# Columbia College Chicago



## pinger007 (Feb 22, 2008)

Hey all.  I have an interview with Columbia College Chicago in mid-March.  Just checking if anyone else out there applied and what thier expecting from thier interviews.


----------



## blueskeyes (Feb 22, 2008)

Hey, When did you hear about an interview. I also applied and hoping to hear soon. Congrats and Good luck with the interview!


----------



## pinger007 (Feb 23, 2008)

Thanks for the congrats.  

I got a call from 'em on Feb. 4th.  I was pretty shocked cause I wasn't expecting to hear from any of my schools until late February at the earliest.

I asked 'em how many they were interviewing and they said less than 30.  My interview is March 12th!  

I'm not sure if they're still calling, but I hope you hear something soon.

Good luck!


----------



## pinger007 (Mar 12, 2008)

Hey all.  Havn't been on in a while what with all the traveling for interviews and what not.

But anyway, I had my Columbia College Chicago interview today, and all I can say is Wow!!!  This program has sooooo much to offer.  

Here's a list of all I learned:

1)  The faculty seem to be very devoted.  My interview was only supposed to last 30 minutes max, but it went on for close to 90 minutes.  They just kept on chatting with me.  Good times.

2)  The other students I met in the program were great:  level-headed, focused, excited, passionate...you know, the kind of people you want to work with.

3)  The facilities and equipment give NYU a run for their money.  You definitely won't be limited by resources here.  I mean they've got Red One 4K cameras available!!!  I don't know of any other film school that has that.  The editing suites, the mixing studios, the foley stages, the 300+ seat screening room -- it was so amazing, and from what the current students told me, were all easily accessible.

4)  The film program is seamlessly integrated with the schools other programs.  There are animation students located in the same building, the M.F.A. music students are right across the street, the theatre department is less than a block away -- all of them apparently dying to be involved with your films.  The composers, from what I've heard, are some of the hardest working people when it comes to your film.  As one student put it, "even if every aspect of your film sucks, you can rest assure that the score will be top notch".  

5)  The undergraduate program is stocked full of students looking to serve on graduate film projects.  I had a chance to see some of the undergrad cinematography work when I toured the Avid Symphony Nitrous editing suite -- the footage was beatifully shot.

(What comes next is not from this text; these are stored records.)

-- ===== src/Exporter/State/Collection.antt =====
-- `_collect_vmss_once`, `collect_standalone_vms_once` and `collect_lustre_once`. The collections
-- themselves and the clocks are arguments: what a collection returned, what `time.time()` said, and
-- how long it took.
use azure_lustre_vmss_metric.Prelude.{ℕ, ◌+◌, false, if◌then◌else◌, List, length, nat_beq}
use azure_lustre_vmss_metric.Prelude.Number.{Floats, of_nat}
use azure_lustre_vmss_metric.Prelude.Result.{Result, ok, err}
use azure_lustre_vmss_metric.Models.Vmss.{VmssCount}
use azure_lustre_vmss_metric.Models.Vm.{StandaloneVm}
use azure_lustre_vmss_metric.Exporter.Gauge.{Gauges}
use azure_lustre_vmss_metric.Exporter.Vmss.{update_metrics}
use azure_lustre_vmss_metric.Exporter.Vm.{update_standalone_vm_metrics}
use azure_lustre_vmss_metric.Exporter.Lustre.{LustreSamples}
use azure_lustre_vmss_metric.Exporter.Lustre.Update.{update_lustre_metrics}
use azure_lustre_vmss_metric.Exporter.State.{Exporter, can_write_metrics_locked}

-- What `collect_lustre_once` reads of a `ManagedLustreCollectionResult`. The aggregates are those of
-- the result, or the ones built from it.
pub record LustreResult (F : Type 0) : Type 0 where
  pub samples : LustreSamples F
  pub filesystem_count : ℕ
  pub error_count : ℕ

-- A section of the lock that does nothing where writing is not allowed.
module _ {G F : Type 0} where
  unfoldable pub guarded : (Exporter G F → Exporter G F) → Exporter G F → Exporter G F
  unfolding can_write_metrics_locked
  guarded write e = if can_write_metrics_locked e then write e else e

module _ {G F : Type 0} (floats : Floats F) (api : Gauges G F) where
  -- `_update_metrics`, under the lock and with its guard
  unfoldable pub write_vmss : List VmssCount → Exporter G F → Exporter G F
  unfolding update_metrics
  write_vmss counts e = record e {
    shown = record e.shown { vmss = update_metrics floats api counts e.shown.vmss };
  }

  unfoldable pub publish_vmss : List VmssCount → Exporter G F → Exporter G F
  unfolding guarded write_vmss
  publish_vmss counts = guarded (write_vmss counts)

  -- `_update_standalone_vm_metrics`
  unfoldable pub write_standalone_vms : List StandaloneVm → Exporter G F → Exporter G F
  unfolding update_standalone_vm_metrics
  write_standalone_vms vms e = record e {
    shown = record e.shown {
      vms = update_standalone_vm_metrics floats api e.standalone_vm_max_inventory vms e.shown.vms;
    };
  }

  unfoldable pub publish_standalone_vms : List StandaloneVm → Exporter G F → Exporter G F
  unfolding guarded write_standalone_vms
  publish_standalone_vms vms = guarded (write_standalone_vms vms)

  -- `_update_lustre_metrics`
  unfoldable pub write_lustre : LustreResult F → Exporter G F → Exporter G F
  unfolding update_lustre_metrics
  write_lustre result e = record e {
    shown = record e.shown {
      lustre =
          update_lustre_metrics floats api result.samples (nat_beq result.error_count 0)
            e.shown.lustre;
    };
  }

  unfoldable pub publish_lustre : LustreResult F → Exporter G F → Exporter G F
  unfolding guarded write_lustre
  publish_lustre result = guarded (write_lustre result)

module _ {G F : Type 0} (floats : Floats F) where
  -- the summary sections that follow
  unfoldable pub write_summary_vmss : F → F → List VmssCount → Exporter G F → Exporter G F
  write_summary_vmss now duration counts e = record e {
    shown = record e.shown {
      totals = record e.shown.totals {
        last_success_timestamp = now;
        vmss_total = of_nat floats (length counts);
      };
    };
    durations = record e.durations { collection_duration = duration };
  }

  unfoldable pub summarize_vmss : F → F → List VmssCount → Exporter G F → Exporter G F
  unfolding guarded write_summary_vmss
  summarize_vmss now duration counts = guarded (write_summary_vmss now duration counts)

  unfoldable pub write_summary_standalone_vms :
      F → F → List StandaloneVm → Exporter G F → Exporter G F
  write_summary_standalone_vms now duration vms e = record e {
    shown = record e.shown {
      totals = record e.shown.totals {
        standalone_vm_total = of_nat floats (length vms);
        standalone_vm_last_success_timestamp = now;
      };
    };
    durations = record e.durations { standalone_vm_collection_duration = duration };
  }

  unfoldable pub summarize_standalone_vms : F → F → List StandaloneVm → Exporter G F → Exporter G F
  unfolding guarded write_summary_standalone_vms
  summarize_standalone_vms now duration vms =
      guarded (write_summary_standalone_vms now duration vms)

  unfoldable pub write_summary_lustre : F → F → LustreResult F → Exporter G F → Exporter G F
  write_summary_lustre now duration result e = record e {
    shown = record e.shown {
      totals = record e.shown.totals {
        lustre_filesystem_total = of_nat floats result.filesystem_count;
        lustre_ost_sample_count = of_nat floats (length result.samples.metrics);
        lustre_last_success_timestamp = now;
      };
    };
    errors = record e.errors {
      lustre_collection_errors = e.errors.lustre_collection_errors + result.error_count;
    };
    durations = record e.durations { lustre_collection_duration = duration };
  }

  unfoldable pub summarize_lustre : F → F → LustreResult F → Exporter G F → Exporter G F
  unfolding guarded write_summary_lustre
  summarize_lustre now duration result = guarded (write_summary_lustre now duration result)

-- The `except` branches, which take no lock and ask for no leadership.
module _ {G F : Type 0} where
  unfoldable pub fail_vmss : F → Exporter G F → Exporter G F
  fail_vmss duration e = record e {
    errors = record e.errors { collection_errors = e.errors.collection_errors + 1 };
    durations = record e.durations { collection_duration = duration };
  }

  unfoldable pub fail_standalone_vms : F → Exporter G F → Exporter G F
  fail_standalone_vms duration e = record e {
    errors = record e.errors {
      standalone_vm_collection_errors = e.errors.standalone_vm_collection_errors + 1;
    };
    durations = record e.durations { standalone_vm_collection_duration = duration };
  }

  unfoldable pub fail_lustre : F → Exporter G F → Exporter G F
  fail_lustre duration e = record e {
    errors = record e.errors { lustre_collection_errors = e.errors.lustre_collection_errors + 1 };
    durations = record e.durations { lustre_collection_duration = duration };
  }

  -- `self._wake_event.clear()` before a collection
  unfoldable pub clear_wake : Exporter G F → Exporter G F
  clear_wake e = record e { wake_event = false }

module _ {G F E : Type 0} (floats : Floats F) (api : Gauges G F) where
  -- The methods, with what the other threads do between the two sections of the lock. What is
  -- raised is passed on.
  -- `_collect_vmss_once`
  unfoldable pub collect_vmss_once :
      (Exporter G F → Exporter G F)
      → Result E (List VmssCount)
      → F
      → F
      → Exporter G F
      → Exporter G F
  unfolding can_write_metrics_locked fail_vmss publish_vmss summarize_vmss
  collect_vmss_once others (err x) now duration e = fail_vmss duration e
  collect_vmss_once others (ok counts) now duration e =
      if can_write_metrics_locked e
      then summarize_vmss floats now duration counts (others (publish_vmss floats api counts e))
      else e

  -- `collect_standalone_vms_once`, where the collection is configured
  unfoldable pub collect_standalone_vms_once :
      (Exporter G F → Exporter G F)
      → Result E (List StandaloneVm)
      → F
      → F
      → Exporter G F
      → Exporter G F
  unfolding can_write_metrics_locked fail_standalone_vms publish_standalone_vms
      summarize_standalone_vms
  collect_standalone_vms_once others (err x) now duration e = fail_standalone_vms duration e
  collect_standalone_vms_once others (ok vms) now duration e =
      if can_write_metrics_locked e
      then summarize_standalone_vms floats now duration vms
          (others (publish_standalone_vms floats api vms e))
      else e

  -- `collect_lustre_once`, where the collection is configured
  unfoldable pub collect_lustre_once :
      (Exporter G F → Exporter G F)
      → Result E (LustreResult F)
      → F
      → F
      → Exporter G F
      → Exporter G F
  unfolding can_write_metrics_locked fail_lustre publish_lustre summarize_lustre
  collect_lustre_once others (err x) now duration e = fail_lustre duration e
  collect_lustre_once others (ok result) now duration e =
      if can_write_metrics_locked e
      then summarize_lustre floats now duration result (others (publish_lustre floats api result e))
      else e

This school was originally at the bottom of my list.  However, after interview with NYU and experiencing the Columbia University program, I'm hands down sold out for Columbia College Chicago.  Although I havn't heard from my west coast schools yet, Columbia is currently at the top of list tied with Chapman.  When and if I interview and tour Chapman, however, I'll know for sure.

Plus, it's not even half the price of NYU or Columbia.  And Chicago rents are about less than half the price of NYC rents, but you get twice the quality.

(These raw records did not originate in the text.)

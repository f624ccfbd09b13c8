-- ===== src/Azure/Lustre/Outcomes.antt =====
-- `collect`: what a collection makes of the outcomes for all filesystems, whose workers may end in
-- any order.
use azure_lustre_vmss_metric.Prelude.{
  ℕ, ◌+◌, String, Bool, List, [], ◌∷◌, map, length, flat_map, string_eq, list_eq,
}
use azure_lustre_vmss_metric.Prelude.Number.{Floats}
use azure_lustre_vmss_metric.Prelude.Sorting.{tuple_le, sorted}
use azure_lustre_vmss_metric.Models.Lustre.{Filesystem, OstMetric, MdtMetric, OperationMetric}
use azure_lustre_vmss_metric.Models.Aggregates.{build_lustre_filesystem_aggregate_metrics}
use azure_lustre_vmss_metric.Azure.ResourceGraph.{Reply, replied}
use azure_lustre_vmss_metric.Azure.Lustre.Normalize.{Collected}
use azure_lustre_vmss_metric.Exporter.State.Collection.{LustreResult}

-- A filesystem and what its worker returned or raised.
abbrev pub Outcome : Type 0 → Type 0
Outcome F = Filesystem F × Reply (Collected F)

abbrev pub no_samples : {F : Type 0} → Collected F
no_samples = record {
  metrics = [];
  operation_metrics = [];
  mdt_metrics = [];
  mdt_operation_metrics = [];
}

-- The samples of an outcome
abbrev pub samples_of_reply : {F : Type 0} → Reply (Collected F) → Collected F
samples_of_reply (replied samples) = samples
samples_of_reply _ = no_samples

abbrev is_error : {F : Type 0} → Reply (Collected F) → ℕ
is_error (replied samples) = 0
is_error _ = 1

abbrev pub errors_of : {F : Type 0} → List (Outcome F) → ℕ
errors_of [] = 0
errors_of (outcome ∷ outcomes) = is_error outcome.1 + errors_of outcomes

-- The keys by which `collect` sorts
abbrev pub ost_sort_key : {F : Type 0} → OstMetric F → List String
ost_sort_key m = m.subscription_id ∷ m.resource_group ∷ m.filesystem_name ∷ m.ostnum ∷ []

abbrev mdt_sort_key : {F : Type 0} → MdtMetric F → List String
mdt_sort_key m = m.subscription_id ∷ m.resource_group ∷ m.filesystem_name ∷ m.mdtnum ∷ []

abbrev operation_sort_key : {F : Type 0} → OperationMetric F → List String
operation_sort_key m =
    m.subscription_id ∷ m.resource_group ∷ m.filesystem_name ∷ m.num ∷ m.operation ∷ []

abbrev pub by_key {ℓ} : {A : Type ℓ} → (A → List String) → A → A → Bool
by_key key a b = tuple_le (key a) (key b)

module _ {F : Type 0} where
  -- The four lists of a collection, for the outcomes in the order in which the workers ended.
  unfoldable pub merge_outcomes : List (Outcome F) → Collected F
  unfolding sorted
  merge_outcomes outcomes =
      let samples = map (λ outcome. samples_of_reply outcome.1) outcomes in
      record {
        metrics = sorted (by_key ost_sort_key) (flat_map (λ s. s.metrics) samples);
        operation_metrics =
            sorted (by_key operation_sort_key) (flat_map (λ s. s.operation_metrics) samples);
        mdt_metrics = sorted (by_key mdt_sort_key) (flat_map (λ s. s.mdt_metrics) samples);
        mdt_operation_metrics =
            sorted (by_key operation_sort_key) (flat_map (λ s. s.mdt_operation_metrics) samples);
      }

module _ {F : Type 0} (floats : Floats F) (sum : List F → F) where
  -- What `collect` returns for the filesystems that it discovered. Without any, the workers are not
  -- started and there are no outcomes.
  unfoldable pub collection_result : List (Filesystem F) → List (Outcome F) → F → LustreResult F
  unfolding merge_outcomes build_lustre_filesystem_aggregate_metrics
  collection_result filesystems outcomes now =
      let merged = merge_outcomes outcomes in
      record {
        samples = record {
          filesystems = filesystems;
          metrics = merged.metrics;
          operation_metrics = merged.operation_metrics;
          mdt_metrics = merged.mdt_metrics;
          mdt_operation_metrics = merged.mdt_operation_metrics;
          filesystem_aggregate_metrics =
              build_lustre_filesystem_aggregate_metrics floats sum
                (record {
                  filesystems = filesystems;
                  metrics = merged.metrics;
                  operation_metrics = merged.operation_metrics;
                  mdt_metrics = merged.mdt_metrics;
                  mdt_operation_metrics = merged.mdt_operation_metrics;
                })
                now;
        };
        filesystem_count = length filesystems;
        error_count = errors_of outcomes;
      }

Ok.  That's enough.  Just thought I'd fill youns in on my amazing experience today.  For anyone who's considering reapplying next year, I highly recommend giving this school a look.  You'll get a top education full of perks at a bargain price.  All that's lacking from this school is name recognition, but I can live with that.  Who knows...  maybe you or I could be the one to one day put Columbia College Chicago on the map.


----------



## Kylok (Apr 2, 2009)

I hereby resurrect this ancient thread!

I was just accepted to the music "for the screen" MFA at CCC, and this year-old recommendation that references it makes me think it's a pretty good program.

I was a bit wary of the 95% acceptance rate for undergrads (and the subsequently huge class sizes), but apparently the grad program is much smaller. They said there were 12 spots for the music program, and I read the same about the film program somewhere in the intricate web of college information that is this forum.

I welcome any other info that anyone has about this former speech and teaching college for women!


----------



## momotato (Apr 2, 2009)

I've been accepted to their graduate film program.  Trying to figure out the financing now.  I kind of got the feeling that their grand and undergrad programs are two entirely different beasts.  Undergrad film is huge, with a low prof to student ratio, where as the grad program is very small, 9-12, with very close relationships with the faculty.  I tried to open a few other threads about this program, all haven't gone very far.


----------



## Kylok (Apr 2, 2009)

Cool, momotato! Its affordability (well, compared to lots of other colleges, anyway) is a definite plus.

I know the program I applied to is pretty new (two or three years?)--I'm not sure about the other programs, but this might factor into its little-known..ness.


----------



## momotato (Apr 2, 2009)

Is their anyone else on the forum that was accepted to the MFA film program?


----------



## apex (Apr 2, 2009)

I haven't been admitted into the program or even applied, I still have another year of school. I am still trying to get an idea of places I would like to apply.  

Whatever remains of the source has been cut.